-- THE PROBLEM --
Among the records, how many lines carry the string "dump"? Give that number with nothing added.

Stored items from a collection:

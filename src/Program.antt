-- ===== src/Program.antt =====
-- src/main.cpp, main: recovery with its messages, then the JSON mode or the prompt. The parser and the
-- dump of nlohmann::json are parameters, and either may throw. An exception that leaves main ends the
-- process.
pub mod Phases
use agent_kv.Prelude.{
  ℕ, Bytes, bytes_eq, codes, List, [], ◌∷◌, ◌++◌, Option, none, some, Bool, true, false, ◌||◌,
  if◌then◌else◌,
}
use agent_kv.Exec.{Result, ok, err, Exec, pure, lift, ◌>>=◌, ◌>>◌}
use agent_kv.Disk.{Disk, OutStream}
use agent_kv.Wal
use agent_kv.Snapshot.{LoadResult}
use agent_kv.KvStore.{World, fresh_store, load_snapshot, replay_from_wal}
use agent_kv.CliServer.{run}
use agent_kv.Json.{JsonLib, Parsed}
use agent_kv.Json.Mode.{Response, json_mode}
use agent_kv.Bench.Decimal.{to_string}

-- The default paths of the two constructors.
abbrev pub wal_path : Bytes
wal_path = codes "kv_store.wal"

abbrev pub snapshot_path : Bytes
snapshot_path = codes "kv_store.snapshot"

-- The loop over the arguments behind the program's name.
unfoldable pub is_json_mode : List Bytes → Bool
is_json_mode [] = false
is_json_mode (argument ∷ arguments) = bytes_eq argument (codes "--json") || is_json_mode arguments

-- The store, its disk, and what was printed.
pub record Process : Type 0 where
  pub world : World
  pub output : Bytes

unfoldable pub on_world : {A : Type 0} → Exec World A → Exec Process A
on_world m p = let (r, w) = m p.world in (r, record p { world = w })

-- `if (!json_mode) std::cout << …`
unfoldable pub announce : Bool → Bytes → Exec Process (Unit {0})
announce quiet text p = (ok tt, if quiet then p else record p { output = p.output ++ text })

-- The constructors.
unfoldable pub opened : Process → Result OutStream × Disk → Result (Unit {0}) × Process
opened p (ok log, d) =
    (ok tt, record p { world = record { store = fresh_store log snapshot_path; disk = d } })
opened p (err message, d) = (
  err message,
  record p {
    world = record {
      store = record { entries = []; wal = none; snapshot = none; writes_since_snapshot = 0 };
      disk = d;
    };
  },
)

unfoldable pub construct : Exec Process (Unit {0})
construct p = opened p (Wal.open_log wal_path p.world.disk)

unfoldable pub recovery : Bool → Exec Process (Unit {0})
recovery quiet = do
  announce quiet (codes "Loading snapshot...\n")
  result ← on_world (load_snapshot snapshot_path)
  announce quiet (
      codes "Loaded "
      ++ (to_string result.entry_count ++ codes " snapshot entrie(s)\nReplaying WAL...\n"))
  recovered ← on_world (replay_from_wal wal_path result.wal_offset)
  announce quiet (codes "Recovered " ++ (to_string recovered ++ codes " operation(s)\n"))

-- The prompt, over the lines of the input.
unfoldable pub serve : List Bytes → Exec Process ℕ
serve lines p =
    let (text, w) = run lines p.world in (ok 0, record { world = w; output = p.output ++ text })

module _ {Json : Type 0} (lib : JsonLib Json) (parse : Bytes → Parsed Json)
    (dump : Response → Result Bytes) where
  unfoldable pub answer_json : List Bytes → Exec Process ℕ
  answer_json lines = do
    (response, status) ← lift (json_mode lib parse lines)
    text ← lift (dump response)
    announce false (text ++ codes "\n")
    pure status

  unfoldable pub respond : Bool → List Bytes → Exec Process ℕ
  respond true lines = answer_json lines
  respond false lines = serve lines

  -- The exit status, or the exception that ends the process.
  unfoldable pub main : List Bytes → List Bytes → Exec Process ℕ
  main arguments lines = do
    construct
    recovery (is_json_mode arguments)
    respond (is_json_mode arguments) lines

-- EXERCISE RESPONSE --
3